- _WHAT YOU NEED TO DO_: Please retype, character for character, the portion of the entries below that runs from the line containing "freed-Still i l _ (drain_exec-Quiet" to the last line.

[Items from a data source]
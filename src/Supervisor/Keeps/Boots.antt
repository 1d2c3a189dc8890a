-- ===== src/Supervisor/Keeps/Boots.antt =====
-- start_graph establishes the invariant (src/ninit.c).
use ninit.Prelude.{
  ℕ, zero, suc, ◌+◌, ◌%◌, ◌≤◌, ◌<◌, ◌≡◌, refl, sym, ap, false, inl, arith, range, if_keeps, sum,
}
use ninit.Graph.{Graph, IsWellFormed, targets}
use ninit.Supervisor.Core.{is_done}
use ninit.Supervisor.Invariant.Defs.{IsSound, IsSettled, owing}
use ninit.Supervisor.Sys.{Sys, World}
use ninit.Supervisor.Boot.{boot_core, boot_sys, start_root, start_roots, start_graph}
use ninit.Supervisor.Keeps.Settled.{svc_try_start-IsSettled, complete-IsSettled}
use ninit.Supervisor.Keeps.Undone.{svc_try_start-Spare, complete-Spare}

sum-none : (n : ℕ) → sum n (λ j. 0) ≡ 0
unfolding sum
sum-none zero = refl
sum-none (suc n) = omega (arith, sum-none n)

sum-ones : (n : ℕ) → sum n (λ j. 1) ≡ n
unfolding sum
sum-ones zero = refl
sum-ones (suc n) = omega (arith, sum-ones n)

module _ (g : Graph) (wf : IsWellFormed g) where
  -- The zeroed memory satisfies the invariant: all is PENDING and nothing is released.
  pub boot_core-IsSound : IsSound g (λ _. 0) (boot_core g)
  unfolding boot_core owing
  boot_core-IsSound = record {
    counted = record {
      active = sym (sum-none g.n_svc);
      pending = sym (sum-ones g.n_svc);
      done = sym (sum-none g.n_svc);
    };
    flagged = record {
      ups = record { ups = sym (sum-none g.n_svc) };
      ready = record { up_released = λ i e. e; released_up = λ i e. inl e };
      linked = record {
        fits = λ d l. omega (arith, wf.degree_small d l, wf.small);
        queued = tt;
        linked = λ d l. ap (λ x. x % 65536) (omega (arith, wf.degrees d l));
      };
    };
  }

  pub boot_core-IsSettled : IsSettled g (boot_core g)
  unfolding boot_core
  boot_core-IsSettled = record { sound = boot_core-IsSound; resting = (refl, refl) }

  module _ (w : World) where
    -- the roots from k on are not DONE, and the invariant holds
    abbrev Begun : ℕ → Sys → Type 0
    Begun k s =
        IsSettled g s.core × ((j : ℕ) → k ≤ j → j < g.n_roots → is_done (s.core.state j) ≡ false)

    start_root-Begun :
        (k : ℕ) (s : Sys) → k < g.n_roots → Begun k s → Begun (k + 1) (start_root g w k s)
    unfolding start_root
    start_root-Begun k s l h =
        if_keeps (Begun (k + 1)) (targets g k) _ _
          (λ _. (
            complete-IsSettled g wf w k below s h.0,
            λ j m r.
                complete-Spare g wf w j (omega (arith, r, wf.roots)) (wf.root_free j r) k below
                  (λ e. absurd (omega arith)) s h.0.sound (h.1 j (omega arith) r),
          ))
          (λ _. (
            svc_try_start-IsSettled g wf w k below s (h.1 k (omega arith) l) h.0,
            λ j m r. svc_try_start-Spare g w j k s (h.1 j (omega arith) r),
          ))
      where
        below : k < g.n_svc
        below = omega (arith, l, wf.roots)

    start_roots-Begun :
        (n k : ℕ) (s : Sys)
        → k + n ≤ g.n_roots
        → Begun k s
        → Begun (k + n) (start_roots g w (range k n) s)
    unfolding start_roots
    start_roots-Begun zero k s l h = (h.0, λ j m r. h.1 j (omega arith) r)
    start_roots-Begun (suc n) k s l h =
        let rest =
          start_roots-Begun n (k + 1) _ (omega arith) (start_root-Begun k s (omega arith) h) in
        (rest.0, λ j m r. rest.1 j (omega arith) r)

    -- The boot ends in the invariant, whatever the kernel answers.
    pub start_graph-IsSettled : IsSettled g (start_graph g w).core
    unfolding start_graph boot_core
    start_graph-IsSettled =
        (start_roots-Begun g.n_roots 0 (boot_sys g) (omega arith)
          (boot_core-IsSettled, λ j m r. refl)).0
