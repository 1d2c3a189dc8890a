-- ===== src/Supervisor/Keeps/Events.antt =====
-- Every event keeps the invariant, so every run of the supervisor has it.
use ninit.Prelude.{ℕ, ◌<◌, refl, true, false, not, ◌||◌, List, [], ◌∷◌, All, if_keeps}
use ninit.Graph.{Graph, IsWellFormed, targets}
use ninit.Supervisor.Invariant.Defs.{IsSettled}
use ninit.Supervisor.Invariant.Sound.{IsFlagged-of_flags}
use ninit.Supervisor.Sys.{is_no_op, Sys, World}
use ninit.Supervisor.Ops.{svc_op_start, svc_op_stop}
use ninit.Supervisor.Boot.{start_graph}
use ninit.Supervisor.Live.{live_has}
use ninit.Supervisor.Steps.{
  drain_poll_chunks, Command, start, stop, restart, Event, reaped, restarts, start_checked, ticked,
  output, notified, execed, asked_for, resume, turn, shutdown, ctl_cmd, handle, handle_all, run,
  IsFor, freed,
}
use ninit.Supervisor.Keeps.Cores.{drain_out-core, maybe_free-core}
use ninit.Supervisor.Keeps.Exits.{keep, fire_restart-Quiet}
use ninit.Supervisor.Keeps.Notifies.{
  drain_notify-Quiet, drain_exec-Quiet, reap_one-Quiet, check_timeout-Quiet,
}
use ninit.Supervisor.Keeps.Requests.{
  svc_op_start-Quiet, svc_op_stop-Quiet, ctl_tick_one-Quiet, ctl_resume-Quiet,
}
use ninit.Supervisor.Keeps.Boots.{start_graph-IsSettled}

module _ (g : Graph) (wf : IsWellFormed g) (w : World) where
  abbrev Still : Sys → Type 0
  Still s = IsSettled g s.core

  ctl_cmd-Still :
      (cmd : Command) (i : ℕ) → i < g.n_svc → (s : Sys) → Still s → Still (ctl_cmd g w cmd i s)
  unfolding ctl_cmd
  ctl_cmd-Still cmd i l s h =
      if_keeps Still (s.core.shutting_down || targets g i || not (is_no_op (s.runs i).op)) _ _
        (λ _. h) (λ _. go cmd)
    where
      go :
          (cmd : Command)
          → Still (elim cmd [
            | restart ↦ svc_op_stop g w i true s
            | stop ↦ svc_op_stop g w i false s
            | start ↦ svc_op_start g w i s
          ])
      go restart = svc_op_stop-Quiet g wf w i l true s h
      go stop = svc_op_stop-Quiet g wf w i l false s h
      go start = svc_op_start-Quiet g wf w i l s h

  freed-Still : (i : ℕ) → i < g.n_svc → (s : Sys) → Still s → Still (freed i s)
  freed-Still i l s h =
      if_keeps Still (live_has i s) _ _ (λ _. keep g wf w i l (maybe_free-core i s) h) (λ _. h)

  -- Every event keeps the invariant, whatever the kernel answers.
  pub handle-IsSettled :
      (e : Event) (s : Sys) → IsFor g e → IsSettled g s.core → IsSettled g (handle g w e s).core
  unfolding handle
  handle-IsSettled (reaped i pid status) s l h = reap_one-Quiet g wf w i l pid status s h
  handle-IsSettled (restarts i now) s l h =
      if_keeps Still s.core.shutting_down _ _ (λ _. h) (λ _. fire_restart-Quiet g wf w i l now s h)
  handle-IsSettled (start_checked i now) s l h =
      if_keeps Still s.core.shutting_down _ _ (λ _. h) (λ _. check_timeout-Quiet g wf w i l now s h)
  handle-IsSettled (ticked i now) s l h = ctl_tick_one-Quiet g wf w i l now s h
  handle-IsSettled (output i) s l h =
      freed-Still i l _ (keep g wf w i l (drain_out-core w i drain_poll_chunks true s) h)
  handle-IsSettled (notified i) s l h =
      freed-Still i l _ (drain_notify-Quiet g wf w i l drain_poll_chunks s h)
  handle-IsSettled (execed i) s l h =
      freed-Still i l _ (drain_exec-Quiet g wf w i l drain_poll_chunks s h)
  handle-IsSettled (asked_for cmd i) s l h = ctl_cmd-Still cmd i l s h
  handle-IsSettled resume s l h =
      if_keeps Still s.core.shutting_down _ _ (λ _. h) (λ _. ctl_resume-Quiet g wf w s h)
  handle-IsSettled turn s l h = h
  handle-IsSettled shutdown s l h = record {
    sound = record {
      counted = record {
        active = h.sound.counted.active;
        pending = h.sound.counted.pending;
        done = h.sound.counted.done;
      };
      flagged = IsFlagged-of_flags g (λ _. 0) s.core _ refl h.sound.flagged;
    };
    resting = h.resting;
  }

  handle_all-IsSettled :
      (es : List Event) (s : Sys) → All (IsFor g) es → Still s → Still (handle_all g w es s)
  unfolding handle_all
  handle_all-IsSettled [] s l h = h
  handle_all-IsSettled (e ∷ es) s l h =
      handle_all-IsSettled es (handle g w e s) l.1 (handle-IsSettled e s l.0 h)

  -- After the boot and any events on services of the graph, whatever the kernel answered, the
  -- counters, the flags and the unmet counts satisfy the invariant.
  pub run-IsSettled : (es : List Event) → All (IsFor g) es → IsSettled g (run g w es).core
  unfolding run
  run-IsSettled es l = handle_all-IsSettled es (start_graph g w) l (start_graph-IsSettled g wf w)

- _ANSWER SPACE_:
      freed-Still i l _ (drain_exec-Quiet g wf w i l drain_poll_chunks s h)
  handle-IsSettled (asked_for cmd i) s l h = ctl_cmd-Still cmd i l s h
  handle-IsSettled resume s l h =
      if_keeps Still s.core.shutting_down _ _ (λ _. h) (λ _. ctl_resume-Quiet g wf w s h)
  handle-IsSettled turn s l h = h
  handle-IsSettled shutdown s l h = record {
    sound = record {
      counted = record {
        active = h.sound.counted.active;
        pending = h.sound.counted.pending;
        done = h.sound.counted.done;
      };
      flagged = IsFlagged-of_flags g (λ _. 0) s.core _ refl h.sound.flagged;
    };
    resting = h.resting;
  }

  handle_all-IsSettled :
      (es : List Event) (s : Sys) → All (IsFor g) es → Still s → Still (handle_all g w es s)
  unfolding handle_all
  handle_all-IsSettled [] s l h = h
  handle_all-IsSettled (e ∷ es) s l h =
      handle_all-IsSettled es (handle g w e s) l.1 (handle-IsSettled e s l.0 h)

  -- After the boot and any events on services of the graph, whatever the kernel answered, the
  -- counters, the flags and the unmet counts satisfy the invariant.
  pub run-IsSettled : (es : List Event) → All (IsFor g) es → IsSettled g (run g w es).core
  unfolding run
  run-IsSettled es l = handle_all-IsSettled es (start_graph g w) l (start_graph-IsSettled g wf w)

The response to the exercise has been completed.